▸ WHAT THE EXERCISE ASKS:
Please copy every line from the following entries in which the word "true" appears.
.....
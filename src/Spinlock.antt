-- ===== src/Spinlock.antt =====
-- Spin locks of Assignment1/xv6-public/spinlock.c on several CPUs. `none` is a panic. The call
-- stack that getcallerpcs records is not part of the state.
pub mod Nesting
pub mod Owner
pub mod Steps
pub mod Tests
use operating_system_assignm.Prelude.{
  ℕ, zero, suc, ◌+◌, ◌-◌, Bool, true, false, Option, none, some, ◌==◌, ◌&&◌, not, if◌then◌else◌,
  update, List, [], ◌∷◌,
}

-- The fields of `struct cpu` for interrupts, and the CPU's interrupt flag.
pub record Cpu : Type 0 where
  pub ncli : ℕ
  pub intena : Bool
  pub interrupts : Bool

-- `struct spinlock`; `cpu` is `none` for the null pointer.
pub record Spinlock : Type 0 where
  pub locked : Bool
  pub cpu : Option ℕ

-- `ncli` is not negative: the decrement of 0 is the panic.
unfoldable pub pushcli : Cpu → Cpu
pushcli c = record {
  ncli = c.ncli + 1;
  intena = if c.ncli == 0 then c.interrupts else c.intena;
  interrupts = false;
}

unfoldable pub popcli : Cpu → Option Cpu
popcli c =
    let n = c.ncli - 1 in
    if c.interrupts
    then none
    else if c.ncli == 0
    then none
    else some (record c { ncli = n; interrupts = n == 0 && c.intena })

abbrev pub owns : ℕ → Option ℕ → Bool
owns i none = false
owns i (some j) = i == j

-- On CPU `i`.
unfoldable pub holding : ℕ → Spinlock → Cpu → Option (Bool × Cpu)
holding i lk c = elim (popcli (pushcli c)) [
  | none ↦ none
  | some c' ↦ some (lk.locked && owns i lk.cpu, c')
]

-- `acquire` before its loop.
unfoldable pub acquire_begin : ℕ → Spinlock → Cpu → Option Cpu
acquire_begin i lk c = elim (holding i lk (pushcli c)) [
  | none ↦ none
  | some (r, c') ↦ if r then none else some c'
]

-- `release` up to the reset of `cpu`.
unfoldable pub release_begin : ℕ → Spinlock → Cpu → Option (Spinlock × Cpu)
release_begin i lk c = elim (holding i lk c) [
  | none ↦ none
  | some (r, c') ↦ if r then some (record lk { cpu = none }, c') else none
]

-- Where a CPU is: in no call, in the loop of `acquire`, behind it, between `acquire` and `release`,
-- or before the last two statements of `release`.
pub data Phase : Type 0 where
  outside spinning won inside leaving : Phase

pub record Machine : Type 0 where
  pub lock : Spinlock
  pub cpus : ℕ → Cpu
  pub phase : ℕ → Phase

abbrev pub go : ℕ → Phase → Spinlock → Cpu → Machine → Machine
go i p lk c s = record { lock = lk; cpus = update s.cpus i c; phase = update s.phase i p }

-- One step of CPU `i`. The loop's `xchg` is atomic, and so is each other part on its CPU's view.
unfoldable pub step_at : Phase → ℕ → Machine → Option Machine
step_at outside i s = elim (acquire_begin i s.lock (s.cpus i)) [
  | none ↦ none
  | some c ↦ some (go i spinning s.lock c s)
]
step_at spinning i s =
    let next = if s.lock.locked then spinning else won in
    some (go i next (record s.lock { locked = true }) (s.cpus i) s)
step_at won i s = some (go i inside (record s.lock { cpu = some i }) (s.cpus i) s)
step_at inside i s = elim (release_begin i s.lock (s.cpus i)) [
  | none ↦ none
  | some (lk, c) ↦ some (go i leaving lk c s)
]
step_at leaving i s = elim (popcli (s.cpus i)) [
  | none ↦ none
  | some c ↦ some (go i outside (record s.lock { locked = false }) c s)
]

unfoldable pub step : ℕ → Machine → Option Machine
step i s = step_at (s.phase i) i s

-- The CPUs in the order in which they step.
unfoldable pub run : List ℕ → Machine → Option Machine
run [] s = some s
run (i ∷ rest) s = elim (step i s) [ none ↦ none | some s' ↦ run rest s' ]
.....
▸ ANSWER AREA:
  ℕ, zero, suc, ◌+◌, ◌-◌, Bool, true, false, Option, none, some, ◌==◌, ◌&&◌, not, if◌then◌else◌,
    some (go i next (record s.lock { locked = true }) (s.cpus i) s)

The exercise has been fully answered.